Mark Charney, Associate Director of the O’Neill National Critics Institute Talks About the need to foster responsible Theatre Criticism
By Ademola Bello
July 9, 2014
Mark J. Charney is Associate Director of National Critics Institute at the Eugene O’Neill Theater Center in Waterford, Connecticut. Charney, a playwright is currently a professor at Texas Tech University Department of Theatre and Dance. He was a former Chair of English and director of theatre at Clemson University. Charney serves as national chair of the Institute for Theatre Journalism and Advocacy and the Dramaturgy Initiative for the Kennedy Center American College Theatre Festival. Playbill conducted an interview with Charney in Waterford, Connecticut about the O’Neill National Critics Institute among other questions.
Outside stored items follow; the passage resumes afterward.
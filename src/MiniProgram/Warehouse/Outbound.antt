-- ===== src/MiniProgram/Warehouse/Outbound.antt =====
-- The outbound operations of the mini program: backend/app/services/mini_program_service.py, from
-- `_outbound_read` on.
pub mod Balance
pub mod Reads
use materials_manager.Base.{
  ℕ, ℤ, Text, text_eq, Option, none, some, Bool, true, false, List, [], ◌∷◌, ◌++◌, not, ◌&&◌, ◌||◌,
  ◌==◌, ltb, find, keep, any, map, length, take, truthy, truthy?, or_none, is_some, if◌then◌else◌,
}
use materials_manager.Core.Errors.{ErrorCode, app_error, not_found}
use materials_manager.Core.Enums.{OperationType, SourceType, is_outbound}
use materials_manager.Core.Calendar.{Time}
use materials_manager.Core.Quantity.{Decimal}
use materials_manager.Core.Paging.{order_rows, page_of}
use materials_manager.Core.Tx.{Tx, ◌>>=◌, ◌>>◌, pure, raise, gets, raise_if, or_raise}
use materials_manager.Model.Stock.{
  StockMaterial, StockOperation, StockOperationLine, MiniProgramUser,
}
use materials_manager.Model.Database.{Db, Env}
use materials_manager.Schemas.Operations.{OperationCreate}
use materials_manager.Inventory.Create.{create_operation}
use materials_manager.MiniProgram.{is_lite_secondary_warehouse}
use materials_manager.MiniProgram.Warehouse.{get_material}

pub record MiniProgramOutboundCreate : Type 0 where
  pub client_request_id : Text
  pub material_uuid : Text
  pub occurred_at : Time
  pub quantity : Decimal
  pub business_reason : Text
  pub receiver_unit : Text
  pub subitem_no : Text

pub record MiniProgramOutboundRead : Type 0 where
  pub operation_id : ℕ
  pub operation_no : Text
  pub material_uuid : Text
  pub material_name : Text
  pub model_spec : Text
  pub unit_name : Text
  pub quantity : ℕ
  pub before_qty : ℤ
  pub after_qty : ℤ
  pub occurred_at : Time
  pub business_reason : Text
  pub receiver_unit : Option Text
  pub receiver_name : Text
  pub subitem_no : Option Text
  pub executed_by : Text

-- `value or other`
abbrev or_text : Option Text → Text → Text
or_text value other = if truthy? value then (elim value [ some s ↦ s | none ↦ other ]) else other

abbrev outbound_read :
    StockOperation → StockOperationLine → StockMaterial → MiniProgramUser → MiniProgramOutboundRead
outbound_read item line material user = record {
  operation_id = item.id;
  operation_no = item.operation_no;
  material_uuid = material.uuid;
  material_name = line.material_name_snapshot;
  model_spec = line.model_spec_snapshot;
  unit_name = line.unit_name_snapshot;
  quantity = line.quantity;
  before_qty = line.before_qty;
  after_qty = line.after_qty;
  occurred_at = item.occurred_at;
  business_reason = item.business_reason;
  receiver_unit = item.receiver_unit;
  receiver_name = or_text item.receiver_name [];
  subitem_no = item.subitem_no;
  executed_by = or_text item.mini_program_user_name_snapshot user.display_name;
}

-- The line of an outbound operation of the material that has no other line.
abbrev pub only_line : ℕ → StockOperation → Option StockOperationLine
only_line material_id item = elim item.lines [
  | [] ↦ none
  | line ∷ more ↦ elim more [
    | [] ↦
        if is_outbound item.operation_type && line.stock_material_id == material_id
        then some line
        else none
    | other ∷ rest ↦ none
  ]
]

-- `_outbound_read`
unfoldable pub read_outbound :
    StockOperation → StockMaterial → MiniProgramUser → Tx Db MiniProgramOutboundRead
read_outbound item material user = do
  line ←
      or_raise (only_line material.id item)
        (app_error ErrorCode.client_request_id_conflict (some 409))
  pure (outbound_read item line material user)

unfoldable pub ensure_not_lite_secondary_warehouse : Tx Db (Unit {0})
ensure_not_lite_secondary_warehouse = do
  is_lite ← gets is_lite_secondary_warehouse
  raise_if is_lite (app_error ErrorCode.outbound_disabled (some 403))

-- `_require_full_secondary_warehouse` of backend/app/api/deps.py
unfoldable pub require_full_secondary_warehouse : Tx Db (Unit {0})
require_full_secondary_warehouse = do
  is_lite ← gets is_lite_secondary_warehouse
  raise_if is_lite (app_error ErrorCode.secondary_warehouse_lite_mode (some 403))

abbrev pub outbound_request :
    MiniProgramOutboundCreate → StockMaterial → MiniProgramUser → OperationCreate
outbound_request request material user = record {
  client_request_id = request.client_request_id;
  occurred_at = request.occurred_at;
  source_type = SourceType.mini_program;
  business_reason = request.business_reason;
  receiver_unit = or_none (some request.receiver_unit);
  receiver_name = some user.display_name;
  subitem_no = some request.subitem_no;
  lines = record { stock_material_id = material.id; quantity = request.quantity } ∷ [];
}

unfoldable pub create_outbound :
    Env → MiniProgramOutboundCreate → MiniProgramUser → Tx Db MiniProgramOutboundRead
create_outbound env request user = do
  ensure_not_lite_secondary_warehouse
  material ← get_material request.material_uuid
  operation ←
      create_operation env (outbound_request request material user) OperationType.outbound none none
        (some user)
  read_outbound operation material user

abbrev is_scanned : Text → StockOperation → Bool
is_scanned operation_no op =
    text_eq op.operation_no operation_no
    && (is_outbound op.operation_type && is_some op.mini_program_user_name_snapshot)

abbrev single_line : Option StockOperation → Option (StockOperation × StockOperationLine)
single_line none = none
single_line (some op) = elim op.lines [
  | [] ↦ none
  | line ∷ more ↦ elim more [ [] ↦ some (op, line) | other ∷ rest ↦ none ]
]

unfoldable pub get_outbound_by_no : Text → MiniProgramUser → Tx Db MiniProgramOutboundRead
get_outbound_by_no operation_no user = do
  operation ← gets (λ db. find (is_scanned operation_no) db.stock_operations)
  found ← or_raise (single_line operation) not_found
  row ← gets (λ db. find (λ m. m.id == found.1.stock_material_id) db.stock_materials)
  material ← or_raise row not_found
  read_outbound found.0 material user

pub record MiniProgramOperationRead : Type 0 where
  pub operation_id : ℕ
  pub operation_no : Text
  pub operation_type : OperationType
  pub material_name : Text
  pub model_spec : Text
  pub unit_name : Text
  pub quantity : ℕ
  pub before_qty : ℤ
  pub after_qty : ℤ
  pub occurred_at : Time
  pub business_reason : Text
  pub receiver_unit : Option Text
  pub receiver_name : Option Text
  pub subitem_no : Option Text
  pub executed_by : Option Text

-- `item.mini_program_user_name_snapshot or item.receiver_name`
abbrev pub executed_by : StockOperation → Option Text
executed_by item =
    if truthy? item.mini_program_user_name_snapshot
    then item.mini_program_user_name_snapshot
    else item.receiver_name

abbrev pub operation_row : StockOperation → StockOperationLine → MiniProgramOperationRead
operation_row item line = record {
  operation_id = item.id;
  operation_no = item.operation_no;
  operation_type = item.operation_type;
  material_name = line.material_name_snapshot;
  model_spec = line.model_spec_snapshot;
  unit_name = line.unit_name_snapshot;
  quantity = line.quantity;
  before_qty = line.before_qty;
  after_qty = line.after_qty;
  occurred_at = item.occurred_at;
  business_reason = item.business_reason;
  receiver_unit = item.receiver_unit;
  receiver_name = item.receiver_name;
  subitem_no = item.subitem_no;
  executed_by = executed_by item;
}

unfoldable pub operation_read_rows : StockOperation → List MiniProgramOperationRead
operation_read_rows item = map (operation_row item) item.lines

-- `==` of two columns of text is the comparison of the database, which has a collation.
module _ (same_text : Text → Text → Bool) where
  abbrev pub is_name : Text → Option Text → Bool
  is_name name none = false
  is_name name (some s) = same_text s name

  abbrev pub of_user : MiniProgramUser → StockOperation → Bool
  of_user user op =
      is_name user.display_name op.receiver_name
      || is_name user.display_name op.mini_program_user_name_snapshot

-- `order_by(StockOperation.occurred_at.desc(), StockOperation.id.desc())`
abbrev pub latest : StockOperation → StockOperation → Bool
latest a b = ltb b.occurred_at a.occurred_at || (a.occurred_at == b.occurred_at && ltb b.id a.id)

abbrev pub rows_of : List StockOperation → List MiniProgramOperationRead
rows_of [] = []
rows_of (op ∷ ops) = operation_read_rows op ++ rows_of ops

-- The total counts operations, and the rows are their lines.
unfoldable pub list_operations_by_user :
    (Text → Text → Bool) → MiniProgramUser → ℕ → ℕ → Db → List MiniProgramOperationRead × ℕ
list_operations_by_user same_text user page page_size db =
    let mine = keep (of_user same_text user) db.stock_operations in
    (rows_of (page_of page page_size (order_rows latest mine)), length mine)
Question: What drawn you to theatre criticism? And who are your influences? Charney: I've loved theatre since I was a kid. I was raised in a mill town in SC and I found that theatre represented an escape for me, one that actually drew me into the life of the imagination. Mill folks are desperate, and I needed an escape from a life that involved Southern Baptists telling me that, as the only Jewish family in town, that I was going to hell. Interesting, Ademola, but I found that I needed to be the sort of artist who saw the big picture, who understood life outside of my Southern upbringing. Theatre represented an escape.
Question:Can you discuss O'Neill National Critics Institute expanded curriculum?
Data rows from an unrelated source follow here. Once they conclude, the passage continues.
-- ===== src/MiniProgram/Warehouse/Outbound/Balance.antt =====
-- `create_outbound` takes its quantity from the balance of the scanned material.
use materials_manager.Base.{
  find-true, ℕ, ◌+◌, ◌≡◌, ap, sym, subst, ◌∙◌, ℤ, pos, ◌-ℤ◌, int_laws, Text, text_eq, text_eq→eq,
  none, some, Bool, true, false, ◌==◌, find, arith, if◌then◌else◌,
}
use materials_manager.Core.Enums.{OperationType}
use materials_manager.Core.Quantity.{tenths}
use materials_manager.Core.Tx.{Tx, ok, ◌>>◌}
use materials_manager.Core.Tx.Inversion.{
  bind-inv, gets-inv, or_raise-inv, or_raise-last, raise_if-last, pure-inv, pure-state,
}
use materials_manager.Model.Stock.{StockMaterial, StockBalance, StockOperation, MiniProgramUser}
use materials_manager.Model.Database.{Db, Env}
use materials_manager.Inventory.Ledger.{IsConsistent}
use materials_manager.Inventory.Replay.{balance_of}
use materials_manager.Inventory.Rows.{find_by_request}
use materials_manager.Inventory.Create.{create_operation}
use materials_manager.Inventory.Create.Consistent.{create_operation-IsConsistent}
use materials_manager.Inventory.Create.Balance.{balance_after, create_operation-balance}
use materials_manager.MiniProgram.{is_lite_secondary_warehouse}
use materials_manager.MiniProgram.Warehouse.{get_material}
use materials_manager.MiniProgram.Warehouse.Outbound.{
  MiniProgramOutboundCreate, MiniProgramOutboundRead, read_outbound,
  ensure_not_lite_secondary_warehouse, outbound_request, create_outbound,
}

abbrev pub has_uuid : Text → StockMaterial → Bool
has_uuid uuid m = text_eq m.uuid uuid

ensure_not_lite-inv :
    {A : Type 0} (k : Tx Db A) (db : Db) (q : A × Db)
    → (ensure_not_lite_secondary_warehouse >> k) db ≡ ok q
    → (is_lite_secondary_warehouse db ≡ false) × (k db ≡ ok q)
unfolding ensure_not_lite_secondary_warehouse
ensure_not_lite-inv k db q h =
    let (u, t, e, h1) = bind-inv _ _ db q h in
    let (full, same) = raise_if-last _ _ db (u, t) (gets-inv _ _ db (u, t) e) in
    (full, ap k (sym same) ∙ h1)

get_material-inv :
    (uuid : Text) (db : Db) (q : StockMaterial × Db)
    → get_material uuid db ≡ ok q
    → (find (has_uuid uuid) db.stock_materials ≡ some q.0) × (q.1 ≡ db)
unfolding get_material
get_material-inv uuid db q h = or_raise-last _ _ db q (gets-inv _ _ db q h)

read_outbound-inv :
    (item : StockOperation) (material : StockMaterial) (user : MiniProgramUser) (db : Db)
    (q : MiniProgramOutboundRead × Db)
    → read_outbound item material user db ≡ ok q
    → (q.0.material_uuid ≡ material.uuid) × (q.0.operation_id ≡ item.id) × (q.1 ≡ db)
unfolding read_outbound
read_outbound-inv item material user db q h =
    let (line, e, h1) = or_raise-inv _ _ _ db q h in
    (
      ap (λ (r : MiniProgramOutboundRead). r.material_uuid) (pure-inv _ db q h1),
      ap (λ (r : MiniProgramOutboundRead). r.operation_id) (pure-inv _ db q h1),
      pure-state _ db q h1,
    )

abbrev pub lowered_by : Bool → ℤ → ℕ → ℤ
lowered_by true balance quantity = balance -ℤ pos quantity
lowered_by false balance quantity = balance

-_zero : (b : ℤ) → b -ℤ pos (0 + 0) ≡ b
-_zero b = grind int_laws

moved-lowered :
    (hit : Bool) (b : ℤ) (n : ℕ)
    → balance_after OperationType.outbound b ((if hit then n else 0) + 0) ≡ lowered_by hit b n
moved-lowered true b n = ap (λ k. b -ℤ pos k) (omega arith)
moved-lowered false b n = -_zero b

-- One balance is lower by `n`, and every other one has its quantity still.
abbrev pub IsLowered : ℕ → ℕ → Db → Db → Type 0
IsLowered n id db db' =
    (m : ℕ) (b : StockBalance)
    → balance_of m db ≡ some b
    → (b' : StockBalance) × (balance_of m db' ≡ some b')
      × (b'.quantity ≡ lowered_by (id == m) b.quantity n)

created-balance :
    (env : Env) (request : MiniProgramOutboundCreate) (user : MiniProgramUser)
    (material : StockMaterial) (db : Db) (op : StockOperation) (db' : Db)
    → IsConsistent db
    → find_by_request request.client_request_id db ≡ none
    → create_operation env
        (outbound_request request material user)
        OperationType.outbound
        none
        none
        (some user)
        db
      ≡ ok (op, db')
    → IsConsistent db' × IsLowered (tenths request.quantity) material.id db db'
created-balance env request user material db op db' consistent new e = (
  create_operation-IsConsistent env (outbound_request request material user) OperationType.outbound
      none none (some user) db op db' consistent e,
  λ m b at.
      let (b', there, moves) =
        create_operation-balance env (outbound_request request material user) OperationType.outbound
          none none (some user) db op db' m b consistent new at e in
      (b', there, moves ∙ moved-lowered (material.id == m) b.quantity (tenths request.quantity)),
)

-- From a ledger that agrees with the balances, a request of the mini program that was not served before
-- and that succeeds is one in full mode, and its material is the row with the uuid that was scanned. It
-- lowers the balance of this material by the quantity in tenths, and changes no other balance's quantity;
-- the ledger agrees with the balances still.
pub create_outbound-balance :
    (env : Env) (request : MiniProgramOutboundCreate) (user : MiniProgramUser) (db : Db)
    (q : MiniProgramOutboundRead × Db)
    → IsConsistent db
    → find_by_request request.client_request_id db ≡ none
    → create_outbound env request user db ≡ ok q
    → (material : StockMaterial) × (find (has_uuid request.material_uuid) db.stock_materials
        ≡ some material)
      × (q.0.material_uuid ≡ request.material_uuid)
      × (is_lite_secondary_warehouse db ≡ false)
      × IsConsistent q.1
      × IsLowered (tenths request.quantity) material.id db q.1
unfolding create_outbound
create_outbound-balance env request user db q consistent new h =
    let (full, h1) = ensure_not_lite-inv _ db q h in
    let (material, t, em, h2) = bind-inv _ _ db q h1 in
    let (found, same) = get_material-inv request.material_uuid db (material, t) em in
    let (op, db', eo, h3) = bind-inv _ _ t q h2 in
    let (shown, number, last) = read_outbound-inv op material user db' q h3 in
    let created =
      ap
        (create_operation env (outbound_request request material user) OperationType.outbound none
          none (some user))
        (sym same)
      ∙ eo in
    let (kept, lowered) =
      created-balance env request user material db op db' consistent new created in
    (
      material,
      found,
      shown ∙ text_eq→eq _ _ (find-true _ db.stock_materials material found),
      full,
      subst IsConsistent (sym last) kept,
      subst (IsLowered (tenths request.quantity) material.id db) (sym last) lowered,
    )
Charney:Yes, with Chris Jones at the helm, we are actually doing more than theatre criticism. We're having them critique restaurants and dance pieces as well, understanding that critical acumen is related to more than just theatre. We're also seeing more fully-realized plays, from Trinity Rep to Goodspeed. Love the idea that we are reaching out. I'm National Chair of the Institute for Theatre Journalism and Advocacy, and that also tries hard to ask critics to look at the big picture, to understand writing in terms of blogs, tweets, and interviews—more than just traditional criticism.
Question: How many critic fellows are in this year O'Neill summer program? How are they spending their days?
Charney:This year, more than any year other than 2002, when we divided 14 among two 2-week sessions. They write, discuss their writing in round table criticism, and hear about the profession from the best in the business.
Question: What are you doing at the O'Neill National Critics Institute to revive American drama criticism?
Charney:Teaching students the tenets of good, responsible criticism. Bettering their writing. Discussing parameters. Building skill sets.
Question: What are the factors that led to the decline of American drama criticism?
Charney:I don't think there is a decline. I mean, traditional criticism is less in terms of newspapers, but we have blogs, tweets, and all kinds of opportunities to be published. In other words, there is just as much opportunity, even more, to express your opinion in writing—maybe less in terms of news writing, but more in terms of opportunities. We are training the best in theatre writing.
Question: Why do you think there are dearth of female, Latino and African-American voices in theater criticism?
Charney: I don't. I believe that all writers are being heard right now, and the O'Neill actually fosters diversity
Question: What is your view on non traditional casting?
Charney: I'm all for it. I believe we cast the best actors for the roles.
Question: What are the rules of theater criticism?
Charney: There aren't real rules. We need to foster responsible theatre criticism, critics who can write and support their craft. We need advocates, critics who represent their affection for the theatre, even when they critique it.